Seasonic S12II 520w @ Rs. 3650.

Like every processor, FX-6100 will get power hungry if you overclock. Better to spend extra.


----------



## harryneopotter (Feb 15, 2012)

Best PSU in Cooler Master in you range - CM Real Power Pro 460W. Would be sufficient. 
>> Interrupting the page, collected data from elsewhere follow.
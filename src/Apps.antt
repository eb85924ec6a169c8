-- ===== src/Apps.antt =====
-- internal/controller/appbuilder/app_builder.go: the ArgoCD projects and applications of a flow.
pub mod Laws
mod Tests
use jettison_controller.Common.{Bool, true, List, [], ◌∷◌, ◌++◌, Option, none, some, if◌then◌else◌}
use jettison_controller.Common.Results.{Result, ok, ◌>>=◌}
use jettison_controller.Text.{
  Str, codes, slash, ◌==◌, contains, trim_suffix, replace_all, trim_space,
}
use jettison_controller.GitUtil.{GitError, get_repo_org_name, get_source_repo_glob}
use jettison_controller.Flow.{
  ArgoCdStep, Step, docker_build_test, docker_build_test_publish, argo_cd, github_create_pr,
}

abbrev argocd_namespace : Str
argocd_namespace = codes "argocd"

abbrev pub config_repo_suffix : Str
config_repo_suffix = codes "-argo-configs"

abbrev default_finalizer : Str
default_finalizer = codes "resources-finalizer.argocd.argoproj.io"

abbrev target_revision : Str
target_revision = codes "HEAD"

abbrev destination_server : Str
destination_server = codes "https://kubernetes.default.svc"

abbrev sync_option : Str
sync_option = codes "CreateNamespace=true"

-- The types of the ArgoCD API, with the fields that the program sets. `TypeMeta` is constant.
pub record Destination : Type 0 where
  pub server : Str
  pub namespace : Str

pub record ClusterResource : Type 0 where
  pub group : Str
  pub kind : Str
  pub name : Str

pub record AppProject : Type 0 where
  pub name : Str
  pub namespace : Str
  pub source_repos : List Str
  pub destinations : List Destination
  pub source_namespaces : List Str
  pub cluster_resource_whitelist : List ClusterResource

pub record Application : Type 0 where
  pub name : Str
  pub namespace : Str
  pub finalizers : List Str
  pub repo_url : Str
  pub path : Str
  pub target_revision : Str
  pub destination : Destination
  pub project : Str
  pub prune : Bool
  pub self_heal : Bool
  pub enabled : Bool
  pub sync_options : List Str
  pub refresh : Bool

unfoldable pub get_app_name : Str → Str → Str
get_app_name repo_name repo_path =
    trim_suffix repo_name config_repo_suffix
    ++ (codes "-" ++ replace_all repo_path (slash ∷ []) (codes "-"))

unfoldable pub build_project : Str → AppProject
build_project repo_org = record {
  name = repo_org;
  namespace = argocd_namespace;
  source_repos = get_source_repo_glob repo_org ∷ [];
  destinations = record { server = destination_server; namespace = repo_org } ∷ [];
  source_namespaces = repo_org ∷ [];
  cluster_resource_whitelist =
      record { group = codes "*"; kind = codes "*"; name = repo_org ++ codes "-*" } ∷ [];
}

-- `step.PauseReason == nil || strings.TrimSpace(*step.PauseReason) == ""`
abbrev pub step_enabled : Option Str → Bool
step_enabled none = true
step_enabled (some reason) = trim_space reason == []

unfoldable pub build_application : Str → Str → ArgoCdStep → Application
build_application repo_org app_name step = record {
  name = app_name;
  namespace = repo_org;
  finalizers = default_finalizer ∷ [];
  repo_url = step.repo_url;
  path = step.repo_path;
  target_revision = target_revision;
  destination = record { server = destination_server; namespace = repo_org };
  project = repo_org;
  prune = true;
  self_heal = true;
  enabled = step_enabled step.pause_reason;
  sync_options = sync_option ∷ [];
  refresh = true;
}

-- The variables of the loop. The two sets hold the names of what was appended.
pub record Apps : Type 0 where
  pub projects : List AppProject
  pub applications : List Application
  pub project_names : List Str
  pub app_names : List Str

add_project : Str → Apps → Apps
unfolding build_project
add_project repo_org a = if contains a.project_names repo_org then a else record a {
  projects = a.projects ++ (build_project repo_org ∷ []);
  project_names = repo_org ∷ a.project_names;
}

add_application : Str → Str → ArgoCdStep → Apps → Apps
unfolding build_application
add_application repo_org app_name step a = if contains a.app_names app_name then a else record a {
  applications = a.applications ++ (build_application repo_org app_name step ∷ []);
  app_names = app_name ∷ a.app_names;
}

-- The body of the loop, with the organisation and the name that the URL of the step gave.
add_step : Str → Str → ArgoCdStep → Apps → Apps
unfolding add_project add_application
add_step repo_org repo_name step a =
    add_application repo_org (get_app_name repo_name step.repo_path) step (add_project repo_org a)

-- The loop over the steps that are left.
build_loop : List Step → Apps → Result GitError Apps
unfolding add_step
build_loop [] a = ok a
build_loop (argo_cd step ∷ steps) a = do
  (repo_org, repo_name) ← get_repo_org_name step.repo_url
  build_loop steps (add_step repo_org repo_name step a)
build_loop (docker_build_test _ ∷ steps) a = build_loop steps a
build_loop (docker_build_test_publish _ ∷ steps) a = build_loop steps a
build_loop (github_create_pr _ ∷ steps) a = build_loop steps a

abbrev pub no_apps : Apps
no_apps = record { projects = []; applications = []; project_names = []; app_names = [] }

unfoldable pub build_argo_apps : List Step → Result GitError (List AppProject × List Application)
unfolding build_loop
build_argo_apps steps = do a ← build_loop steps no_apps; ok (a.projects, a.applications)
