-- ===== src/Apps/Laws.antt =====
-- `BuildArgoApps` against a description without a loop: one project for each organisation and one
-- application for each application name, at the first step that asks for it.
pub mod Names
pub mod Collisions
use jettison_controller.Common.{
  ◌≡◌, refl, sym, inl, inr, true, false, List, [], ◌∷◌, ◌++◌, append_assoc, append-nil, map, arith,
}
use jettison_controller.Common.Results.{Result, ok, ◌>>=◌, Result-cases}
use jettison_controller.Text.{Str, contains}
use jettison_controller.GitUtil.{GitError, get_repo_org_name}
use jettison_controller.Flow.{
  ArgoCdStep, Step, docker_build_test, docker_build_test_publish, argo_cd, github_create_pr,
}
use jettison_controller.Apps.{
  AppProject, Application, Apps, no_apps, get_app_name, build_project, build_application, add_step,
  build_loop, build_argo_apps,
}

-- A deploy step with the organisation and the name of its config repository.
pub record Deployment : Type 0 where
  pub repo_org : Str
  pub repo_name : Str
  pub step : ArgoCdStep

abbrev pub app_name : Deployment → Str
app_name d = get_app_name d.repo_name d.step.repo_path

abbrev pub project_of : Deployment → AppProject
project_of d = build_project d.repo_org

abbrev pub application_of : Deployment → Application
application_of d = build_application d.repo_org (app_name d) d.step

-- The deploy steps of a flow, in order, or the error of the first URL that is not accepted.
pub deployments : List Step → Result GitError (List Deployment)
deployments [] = ok []
deployments (argo_cd step ∷ steps) = do
  (repo_org, repo_name) ← get_repo_org_name step.repo_url
  ds ← deployments steps
  ok (record { repo_org = repo_org; repo_name = repo_name; step = step } ∷ ds)
deployments (docker_build_test _ ∷ steps) = deployments steps
deployments (docker_build_test_publish _ ∷ steps) = deployments steps
deployments (github_create_pr _ ∷ steps) = deployments steps

module _ {A : Type 0} (key : A → Str) where
  -- The first element for each key that was not seen before.
  pub distinct_from : List Str → List A → List A
  distinct_from seen [] = []
  distinct_from seen (x ∷ xs) = elim (contains seen (key x)) [
    | true ↦ distinct_from seen xs
    | false ↦ x ∷ distinct_from (key x ∷ seen) xs
  ]

add_all : List Deployment → Apps → Apps
add_all [] a = a
add_all (d ∷ ds) a = add_all ds (add_step d.repo_org d.repo_name d.step a)

build_loop-deployments :
    (steps : List Step) (a : Apps)
    → build_loop steps a ≡ (deployments steps >>= λ ds. ok (add_all ds a))
unfolding build_loop deployments add_all
build_loop-deployments [] a = refl
build_loop-deployments (argo_cd step ∷ steps) a =
    elim (Result-cases (get_repo_org_name step.repo_url)) [
      | inl ((repo_org, repo_name), found) ↦
          ground (arith, build_loop-deployments steps (add_step repo_org repo_name step a))
      | inr (inl (e, refused)) ↦ ground arith
      | inr (inr refused) ↦ ground arith
    ]
build_loop-deployments (docker_build_test _ ∷ steps) a = build_loop-deployments steps a
build_loop-deployments (docker_build_test_publish _ ∷ steps) a = build_loop-deployments steps a
build_loop-deployments (github_create_pr _ ∷ steps) a = build_loop-deployments steps a

projects-add_all :
    (ds : List Deployment) (a : Apps)
    → (add_all ds a).projects
      ≡ a.projects ++ map project_of (distinct_from (λ d. d.repo_org) a.project_names ds)
unfolding add_all add_step distinct_from
projects-add_all [] a = sym (append-nil a.projects)
projects-add_all (d ∷ ds) a = ground (
  arith,
  projects-add_all ds (add_step d.repo_org d.repo_name d.step a),
  append_assoc a.projects (project_of d ∷ [])
      (map project_of (distinct_from (λ d. d.repo_org) (d.repo_org ∷ a.project_names) ds)),
)

applications-add_all :
    (ds : List Deployment) (a : Apps)
    → (add_all ds a).applications
      ≡ a.applications ++ map application_of (distinct_from app_name a.app_names ds)
unfolding add_all add_step distinct_from
applications-add_all [] a = sym (append-nil a.applications)
applications-add_all (d ∷ ds) a = ground (
  arith,
  applications-add_all ds (add_step d.repo_org d.repo_name d.step a),
  append_assoc a.applications (application_of d ∷ [])
      (map application_of (distinct_from app_name (app_name d ∷ a.app_names) ds)),
)

-- The loop that builds the Argo CD projects and applications gives what a description without a
-- loop gives, errors included: the deployments of the steps, up to the first that is not read,
-- then a project for each first occurrence of an organisation and an application for each first
-- occurrence of an application name.
pub build_argo_apps_lem :
    (steps : List Step)
    → build_argo_apps steps ≡ (
        deployments steps >>= λ ds. ok (
          map project_of (distinct_from (λ d. d.repo_org) [] ds),
          map application_of (distinct_from app_name [] ds),
        ))
unfolding build_argo_apps
build_argo_apps_lem steps = elim (Result-cases (deployments steps)) [
  | inl (ds, found) ↦ ground (
    arith,
    build_loop-deployments steps no_apps,
    projects-add_all ds no_apps,
    applications-add_all ds no_apps,
  )
  | inr (inl (e, refused)) ↦ ground (arith, build_loop-deployments steps no_apps)
  | inr (inr refused) ↦ ground (arith, build_loop-deployments steps no_apps)
]
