-- ===== src/SignalHandler/System.antt =====
-- service/detail/signalhandler.{hpp,cpp}: the processes of one service, over the shared memory that
-- `fork` leaves to all of them.
use libservice.Prelude.{ℕ, Bool, true, false, List, ◌∷◌, ◌++◌, ◌≡◌, ◌≢◌, arith}
use libservice.SignalHandler.{
  Shared, Local, Handler, Event, child, process, terminate, global_terminate, schedule_log_rotate,
  at_fork, start, stop,
}
use libservice.SignalHandler.Termination.{has_terminating, is_global, process_terminated}

pub record System : Type 0 where
  pub shared : Shared
  pub processes : List Local

abbrev pub handler : Shared → Local → Handler
handler s l = record { shared = s; local = l }

-- `fork`: the child has the parent's handler, with its own process id, and then runs `atFork`.
abbrev pub forked : Handler → ℕ → Handler
forked h pid = at_fork child (record h { local = record (h.local) { pid = pid } })

-- What one process may do between two operations of the others.
pub data Act : Type 0 where
  processes : List Event → Act
  terminates : Act
  sets_global : Bool → ℕ → Act
  rotates : Act
  starts stops : Act

unfoldable pub act : Act → Handler → Handler
act (processes es) h = (process es h).handler
act terminates h = terminate h
act (sets_global value pid) h = global_terminate value pid h
act rotates h = schedule_log_rotate h
act starts h = start h
act stops h = stop h

-- One process acts, or forks, while the others stand still.
pub data Step (s t : System) : Type 0 where
  acts :
      (before after : List Local) (l : Local) (a : Act)
      → s.processes ≡ before ++ (l ∷ after)
      → t.shared ≡ (act a (handler s.shared l)).shared
      → t.processes ≡ before ++ ((act a (handler s.shared l)).local ∷ after)
      → Step s t
  forks :
      (before after : List Local) (l : Local) (pid : ℕ)
      → pid ≢ 0
      → pid ≢ l.main_pid
      → s.processes ≡ before ++ (l ∷ after)
      → t.shared ≡ s.shared
      → t.processes ≡ before ++ (l ∷ (forked (handler s.shared l) pid).local ∷ after)
      → Step s t

pub data Reach (s : System) : System → Type 0 where
  here : Reach s s
  next : {t u : System} → Reach s t → Step t u → Reach s u

act_terminated :
    (a : Act) (h : Handler) → h.shared.terminated ≡ true → (act a h).shared.terminated ≡ true
unfolding act terminate global_terminate schedule_log_rotate start stop
act_terminated (processes es) h e = ground (arith, process_terminated es h)
act_terminated (sets_global true pid) h e = ground arith
act_terminated (sets_global false pid) h e = ground arith
act_terminated a h e = ground arith

Step-terminated :
    {s t : System} → Step s t → s.shared.terminated ≡ true → t.shared.terminated ≡ true
Step-terminated {s} {t} (acts before after l a p q r) e =
    rw q (act_terminated a (handler s.shared l) e)
Step-terminated (forks before after l pid nonzero n p q r) e = rw q e

Reach-terminated :
    {s t : System} → Reach s t → s.shared.terminated ≡ true → t.shared.terminated ≡ true
Reach-terminated here e = e
Reach-terminated (next r st) e = Step-terminated st (Reach-terminated r e)

-- A terminate signal to a process of the table ends all: from then on, whatever the processes do in
-- whatever order, every process that asks is told to terminate.
pub terminate_reaches_all :
    (s t u : System) (l m : Local) (es events : List Event)
    → is_global (handler s.shared l) ≡ true
    → has_terminating es ≡ true
    → t.shared ≡ (act (processes es) (handler s.shared l)).shared
    → Reach t u
    → (process events (handler u.shared m)).terminated ≡ true
unfolding act
terminate_reaches_all s t u l m es events listed ending e r =
    let raised : u.shared.terminated ≡ true =
      Reach-terminated r (rw e (ground (arith, process_terminated es (handler s.shared l)))) in
    ground (arith, process_terminated events (handler u.shared m))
Otherwise, Seasonic S12II 520W is also a good option for just a few hundred Rs more.


----------



## Mr.V (Feb 15, 2012)

If you plan to upgrade graphics than :-
choose a 500w

Other wise stick with CM real power 460w


----------



## harryneopotter (Feb 15, 2012)

^^ No way. Extreme Power series is not all recommended.


----------



## Mr.V (Feb 15, 2012)

harryneopotter said:


> ^^ No way. Extreme Power series is not all recommended.



why? :0


----------



## dashing.sujay (Feb 15, 2012)

Mr.V said:


> why? :0



This *www.thinkdigit.com/forum/power-sup...89-power-supply-blacklist-thread-newbies.html


----------



## enterobotica (Feb 16, 2012)

what about GlacialTech GP-AP600CA 600W ???


----------